Natalie Musumeci
February 5, 2019
New York Post
Cigarettes in Hawaii may soon go up in smoke — thanks to a proposed bill that aims to bar sales of them to anyone under the age of 100.
“The legislature finds that the cigarette is considered the deadliest artifact in human history,” states the bill, sponsored by Democratic Rep. Richard Creagan. “The cigarette is an unreasonably dangerous and defective product, killing half of its long-term users.”
The bill adds that the Aloha State is “suffering from its own addiction to cigarettes in the form of the large sums of money that the State receives from state cigarette sales taxes, with the tax revenues recently reaching more than $100,000,000 per year.”

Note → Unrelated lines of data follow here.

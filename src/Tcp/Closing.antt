-- ===== src/Tcp/Closing.antt =====
-- `tcp_close` of src/tcp.c, which deletes entries while it walks over the table.
use hitsz_network_lab.Common.{
  ℕ, zero, suc, ◌+◌, ◌≡◌, ◌≢◌, ◌≤◌, ◌<◌, refl, sym, ap, subst, ◌∙◌, true, false, ltb, none, some,
  get_elem?, nat_eq, arith, Option-cases, Bool-cases, inl, inr, ◌==◌, ==_iff, if◌then◌else◌,
}
use hitsz_network_lab.Map.{
  Map, Slot, entry_valid, entry_valid_at, foreach, foreach_from, find, delete, lookup,
}
use hitsz_network_lab.Map.Lookup.{lookup-eq}
use hitsz_network_lab.Map.Cases.{delete_cases}
use hitsz_network_lab.Map.Invariant.{IsValid, delete-IsValid}
use hitsz_network_lab.Map.Laws.{lookup-delete}
use hitsz_network_lab.Map.Lifetime.{beq_self}
use hitsz_network_lab.Map.Uniqueness.{lookup_slots-none}
use hitsz_network_lab.Map.Sweep.{get_elem?-modify, find-slot, find-first}
use hitsz_network_lab.Stack.{Stack}
use hitsz_network_lab.Stack.Tables.{TcpKey, TcpConn, tcp_key_Eq}
use hitsz_network_lab.Tcp.{close_port_fn, tcp_close}

module _ (now port : ℕ) where
  -- The slots in front of `i` hold no connection of the port.
  abbrev IsCleared : ℕ → Map TcpKey TcpConn → Type 0
  IsCleared i m =
      (j : ℕ) (s : Slot TcpKey TcpConn)
      → j < i
      → get_elem? m.slots j ≡ some s
      → entry_valid now m.timeout s ≡ true
      → (s.key.host_port == port) ≡ false

  -- What holds when the slots in front of `i` have been visited.
  record Swept (start : Map TcpKey TcpConn) (i : ℕ) (m : Map TcpKey TcpConn) : Type 0 where
    valid : IsValid now m
    sized : m.max_size ≡ start.max_size
    cleared : IsCleared i m
    kept :
        (key : TcpKey) → (key.host_port == port) ≡ false → lookup now m key ≡ lookup now start key

  IsCleared-next :
      (i : ℕ) (m : Map TcpKey TcpConn)
      → IsCleared i m
      → ((s : Slot TcpKey TcpConn)
          → get_elem? m.slots i ≡ some s
          → entry_valid now m.timeout s ≡ true
          → (s.key.host_port == port) ≡ false)
      → IsCleared (i + 1) m
  IsCleared-next i m cleared last j s below at valid = elim (Bool-cases (j == i)) [
    | inl here ↦ last s (subst (λ k. get_elem? m.slots k ≡ some s) ((==_iff j i).0 here) at) valid
    | inr before ↦ cleared j s (ground arith) at valid
  ]

  -- The connection in slot `i` is the one that `map_get` finds by its key.
  find-next :
      (i p : ℕ) (m : Map TcpKey TcpConn) (s : Slot TcpKey TcpConn)
      → IsCleared i m
      → get_elem? m.slots i ≡ some s
      → entry_valid now m.timeout s ≡ true
      → (s.key.host_port == port) ≡ true
      → find now m.timeout s.key m.slots ≡ some p
      → p ≡ i
  find-next i p m s cleared at valid ours hit =
      let (q, hit', le) = find-first now m.timeout s.key m.slots i s at valid (beq_self s.key) in
      let (t, at', valid', same, _) = find-slot now m.timeout s.key m.slots p hit in
      elim (Bool-cases (ltb p i)) [
        | inl before ↦ absurd (
            differ t ((tcp_key_Eq.beq_iff s.key t.key).0 same)
              (cleared p t (ground arith) at' valid'))
        | inr here ↦ omega (arith, not_before here, unique q hit', le)
      ]
    where
      differ : (t : Slot TcpKey TcpConn) → s.key ≡ t.key → (t.key.host_port == port) ≢ false
      differ t e b = cc (ap (λ k. k.host_port == port) e)

      unique : (q : ℕ) → find now m.timeout s.key m.slots ≡ some q → p ≡ q
      unique q hit' = cc

      not_before : ltb p i ≡ false → i ≤ p
      not_before here = ground arith

  free_slot :
      (timeout : ℕ) (t s : Slot TcpKey TcpConn)
      → record t { stamp = 0 } ≡ s
      → entry_valid now timeout s ≢ true
  unfolding entry_valid
  free_slot timeout t s made valid = ground (arith, ap (λ x. x.stamp) made)

  delete-IsCleared :
      (i : ℕ) (m : Map TcpKey TcpConn) (s : Slot TcpKey TcpConn)
      → IsCleared i m
      → get_elem? m.slots i ≡ some s
      → entry_valid now m.timeout s ≡ true
      → (s.key.host_port == port) ≡ true
      → IsCleared (i + 1) (delete now m s.key)
  delete-IsCleared i m s cleared at valid ours =
      delete_cases (λ m'. IsCleared (i + 1) m') now m s.key
        (λ p hit j s' below at' valid'.
          let here = find-next i p m s cleared at valid ours hit in
          elim (get_elem?-modify p j _ m.slots s' at') [
            | inl (e, (t, before, made)) ↦ absurd (free_slot m.timeout t s' made valid')
            | inr (elsewhere, same) ↦ cleared j s' (apart p j here elsewhere below) same valid'
          ])
        (λ miss. absurd (found miss))
    where
      apart : (p j : ℕ) → p ≡ i → p ≢ j → j < i + 1 → j < i
      apart p j here elsewhere below = omega arith

      found : find now m.timeout s.key m.slots ≢ none
      found miss =
          let (q, hit, le) = find-first now m.timeout s.key m.slots i s at valid (beq_self s.key) in
          clash q hit miss
        where
          clash :
              (q : ℕ)
              → find now m.timeout s.key m.slots ≡ some q
              → find now m.timeout s.key m.slots ≢ none
          clash q a b = cc

  other_key :
      (s : Slot TcpKey TcpConn) (key : TcpKey)
      → (s.key.host_port == port) ≡ true
      → (key.host_port == port) ≡ false
      → tcp_key_Eq.beq s.key key ≡ false
  other_key s key ours differs = elim (Bool-cases (tcp_key_Eq.beq s.key key)) [
    | inr different ↦ different
    | inl alike ↦ absurd (clashing ((tcp_key_Eq.beq_iff s.key key).0 alike))
  ]
    where
      clashing : s.key ≢ key
      clashing e = cc (ap (λ k. k.host_port == port) e)

  -- One round of `map_foreach`.
  round-Swept :
      (start : Map TcpKey TcpConn) (i : ℕ) (m : Map TcpKey TcpConn)
      → Swept start i m
      → Swept start
          (i + 1)
          (if entry_valid_at now m (get_elem? m.slots i) then close_port_fn now port i m else m)
  unfolding entry_valid_at close_port_fn
  round-Swept start i m w = elim (Option-cases (get_elem? m.slots i)) [
    | inl outside ↦ rw (outside, entry_valid_at) (stays (λ s at valid. absurd (clash s outside at)))
    | inr (s, at) ↦ elim (Bool-cases (entry_valid now m.timeout s)) [
      | inr free ↦
          rw (at, entry_valid_at, free)
            (stays (λ s' at' valid. absurd (idle s s' at at' free valid)))
      | inl used ↦ elim (Bool-cases (s.key.host_port == port)) [
        | inr other ↦
            rw (at, entry_valid_at, used, close_port_fn, other)
              (stays (λ s' at' valid. rw (unique s s' at at') other))
        | inl ours ↦ rw (at, entry_valid_at, used, close_port_fn, ours) (closes s at used ours)
      ]
    ]
  ]
    where
      clash : (s : Slot TcpKey TcpConn) → get_elem? m.slots i ≡ none → get_elem? m.slots i ≢ some s
      clash s a b = cc

      stays :
          ((s : Slot TcpKey TcpConn)
            → get_elem? m.slots i ≡ some s
            → entry_valid now m.timeout s ≡ true
            → (s.key.host_port == port) ≡ false)
          → Swept start (i + 1) m
      stays last = record {
        valid = w.valid;
        sized = w.sized;
        cleared = IsCleared-next i m w.cleared last;
        kept = w.kept;
      }

      unique :
          (s s' : Slot TcpKey TcpConn)
          → get_elem? m.slots i ≡ some s
          → get_elem? m.slots i ≡ some s'
          → s' ≡ s
      unique s s' a b = cc

      idle :
          (s s' : Slot TcpKey TcpConn)
          → get_elem? m.slots i ≡ some s
          → get_elem? m.slots i ≡ some s'
          → entry_valid now m.timeout s ≡ false
          → entry_valid now m.timeout s' ≢ true
      idle s s' a b free used = cc

      closes :
          (s : Slot TcpKey TcpConn)
          → get_elem? m.slots i ≡ some s
          → entry_valid now m.timeout s ≡ true
          → (s.key.host_port == port) ≡ true
          → Swept start (i + 1) (delete now m s.key)
      closes s at used ours = record {
        valid = delete-IsValid now m s.key w.valid;
        sized =
            delete_cases (λ m'. m'.max_size ≡ start.max_size) now m s.key (λ _ _. w.sized)
              (λ _. w.sized);
        cleared = delete-IsCleared i m s w.cleared at used ours;
        kept = λ key differs.
            lookup-delete now m s.key key w.valid
            ∙ ap (λ b. if b then none else lookup now m key) (other_key s key ours differs)
            ∙ w.kept key differs;
      }

  foreach-Swept :
      (start : Map TcpKey TcpConn) (n i k : ℕ) (m : Map TcpKey TcpConn)
      → k ≡ i + n
      → Swept start i m
      → Swept start k (foreach_from now (close_port_fn now port) n i m)
  unfolding foreach_from
  foreach-Swept start zero i k m e w = subst (λ j. Swept start j m) (omega arith) w
  foreach-Swept start (suc n) i k m e w =
      foreach-Swept start n (i + 1) k _ (omega arith) (round-Swept start i m w)

  -- A table where all slots are cleared has no connection of the port.
  cleared-none :
      (m : Map TcpKey TcpConn) (key : TcpKey)
      → IsValid now m
      → IsCleared m.max_size m
      → (key.host_port == port) ≡ true
      → lookup now m key ≡ none
  cleared-none m key valid cleared ours = elim (Option-cases (find now m.timeout key m.slots)) [
    | inl miss ↦ lookup-eq now m key ∙ lookup_slots-none now m.timeout key m.slots miss
    | inr (p, hit) ↦
        let (t, at, used, same, below) = find-slot now m.timeout key m.slots p hit in
        absurd (
          clash t ((tcp_key_Eq.beq_iff key t.key).0 same)
            (cleared p t (omega (arith, valid.full)) at used))
  ]
    where
      clash : (t : Slot TcpKey TcpConn) → key ≡ t.key → (t.key.host_port == port) ≢ false
      clash t e b = cc (ap (λ k. k.host_port == port) e)

-- With valid tables, `tcp_close` removes every connection of the port, although it deletes entries
-- of the table while it walks over it, and the handler of the port; every other connection and every
-- other handler stays.
pub tcp_close_lem :
    (s : Stack) (port : ℕ) (key : TcpKey) (other : ℕ)
    → IsValid s.now s.tcp_conn_table
    → IsValid s.now s.tcp_handler_table
    → (lookup s.now (tcp_close s port).tcp_conn_table key
        ≡ (if key.host_port == port then none else lookup s.now s.tcp_conn_table key))
      × (lookup s.now (tcp_close s port).tcp_handler_table other
          ≡ (if port == other then none else lookup s.now s.tcp_handler_table other))
unfolding tcp_close foreach
tcp_close_lem s port key other conns handlers =
    let swept = foreach s.now (close_port_fn s.now port) s.tcp_conn_table in
    let w =
      foreach-Swept s.now port s.tcp_conn_table s.tcp_conn_table.max_size 0
        s.tcp_conn_table.max_size s.tcp_conn_table (omega arith)
        (record {
          valid = conns;
          sized = refl;
          cleared = λ j slot below at used. absurd (omega arith);
          kept = λ k differs. refl;
        }) in
    (
      elim (Bool-cases (key.host_port == port)) [
        | inl ours ↦ rw ours (
            cleared-none s.now port swept key w.valid
              (subst (λ n. IsCleared s.now port n swept) (sym w.sized) w.cleared) ours)
        | inr differs ↦ rw differs (w.kept key differs)
      ],
      lookup-delete s.now s.tcp_handler_table port other handlers,
    )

If enacted, the law would ultimately ban the sale of cigarettes by raising the minimum age of legal access to cigarettes to 30 in 2020, to 40 in 2021, to 50 in 2022, to 60 in 2023 and finally to 100 in 2024.
Under the bill, e-cigarettes are excluded on the premise that they “differ from regular cigarettes in that they have a much lower carcinogenic potential than cigarettes.”
Cigars and chewing tobacco are also left out of the bill.
Hawaii has already proved itself to be strict on cigarette sales.
It is one of six states that have raised the tobacco age to 21. The others are California, New Jersey, Massachusetts, Oregon and Maine.
Creagan, an emergency medicine specialist in Naalehu, told the Hawaii Tribune Herald that he wants to see cigarettes off the shelves in Hawaii completely.
“Basically, we essentially have a group who are heavily addicted — in my view, enslaved by a ridiculously bad industry — which has enslaved them by designing a cigarette that is highly addictive, knowing that [it’s] highly lethal. And, it is,” Creagan told the news outlet.
He noted that the state’s current tobacco laws are “not stopping the problem.”
“The state is obliged to protect the public’s health,” the lawmaker said, adding, “We don’t allow people free access to opioids, for instance, or any prescription drugs.”
“This is more lethal, more dangerous than any prescription drug, and it is more addicting. In my view, you are taking people who are enslaved from a horrific addiction, and freeing people from horrific enslavement,” he said. “We, as legislators, have a duty to do things to save people’s lives. If we don’t ban cigarettes, we are killing people.”